Exercise input:
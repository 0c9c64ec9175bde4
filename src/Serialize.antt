-- ===== src/Serialize.antt =====
-- Numbers as bytes (src/serialize.h): compact sizes, and integers of variable length. A stream is the
-- list of its bytes; `none` is the exception that a read throws, at the end of the stream too.
pub mod Compact
pub mod VarInt
mod Tests
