-- ===== src/Serialize/Compact.antt =====
-- WriteCompactSize and ReadCompactSize of src/serialize.h.
use tetra.Prelude.{
  ℕ, ◌<◌, ◌^◌, ◌≡◌, List, [], ◌∷◌, ◌++◌, Option, none, some, arith, ltb, leb, ◌==◌, if◌then◌else◌,
  length, ◌>>=◌,
}
use tetra.Prelude.Bytes.{le_bytes, read_le, read_le-le_bytes, length-le_bytes}

-- A size above it is refused by the reader.
abbrev pub max_size : ℕ
max_size = 0x02000000

unfoldable pub get_size_of_compact_size : ℕ → ℕ
get_size_of_compact_size n =
    if ltb n 253 then 1 else if leb n 0xffff then 3 else if leb n 0xffffffff then 5 else 9

unfoldable pub write_compact_size : ℕ → List ℕ
write_compact_size n =
    if ltb n 253
    then n ∷ []
    else if leb n 0xffff
    then 253 ∷ le_bytes 2 n
    else if leb n 0xffffffff
    then 254 ∷ le_bytes 4 n
    else 255 ∷ le_bytes 8 n

-- The number behind the first byte.
unfoldable pub read_size : ℕ → List ℕ → Option (ℕ × List ℕ)
read_size b s =
    if ltb b 253
    then some (b, s)
    else if b == 253
    then read_le 2 s
    else if b == 254
    then read_le 4 s
    else read_le 8 s

unfoldable pub read_compact_size : List ℕ → Option (ℕ × List ℕ)
read_compact_size [] = none
read_compact_size (b ∷ s) = read_size b s >>= λ r. if ltb max_size r.0 then none else some r

-- What WriteCompactSize writes has the size that GetSizeOfCompactSize announces.
length-write_compact_size : (n : ℕ) → length (write_compact_size n) ≡ get_size_of_compact_size n
unfolding write_compact_size get_size_of_compact_size
length-write_compact_size n =
    ground (arith, length-le_bytes 2 n, length-le_bytes 4 n, length-le_bytes 8 n)

-- A number of 64 bits that was written is read back, whatever follows it, if it is at most MAX_SIZE;
-- the reader refuses it otherwise.
pub read_compact_size-write_compact_size :
    (n : ℕ) (rest : List ℕ)
    → n < 2 ^ 64
    → read_compact_size (write_compact_size n ++ rest)
      ≡ (if leb n max_size then some (n, rest) else none)
unfolding write_compact_size read_compact_size read_size
read_compact_size-write_compact_size n rest h =
    ground (arith, read_le-le_bytes 2 n rest, read_le-le_bytes 4 n rest, read_le-le_bytes 8 n rest)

Task to carry out: Return only the number of lines in the entries above that contain the word "tetra".

Written reply: 2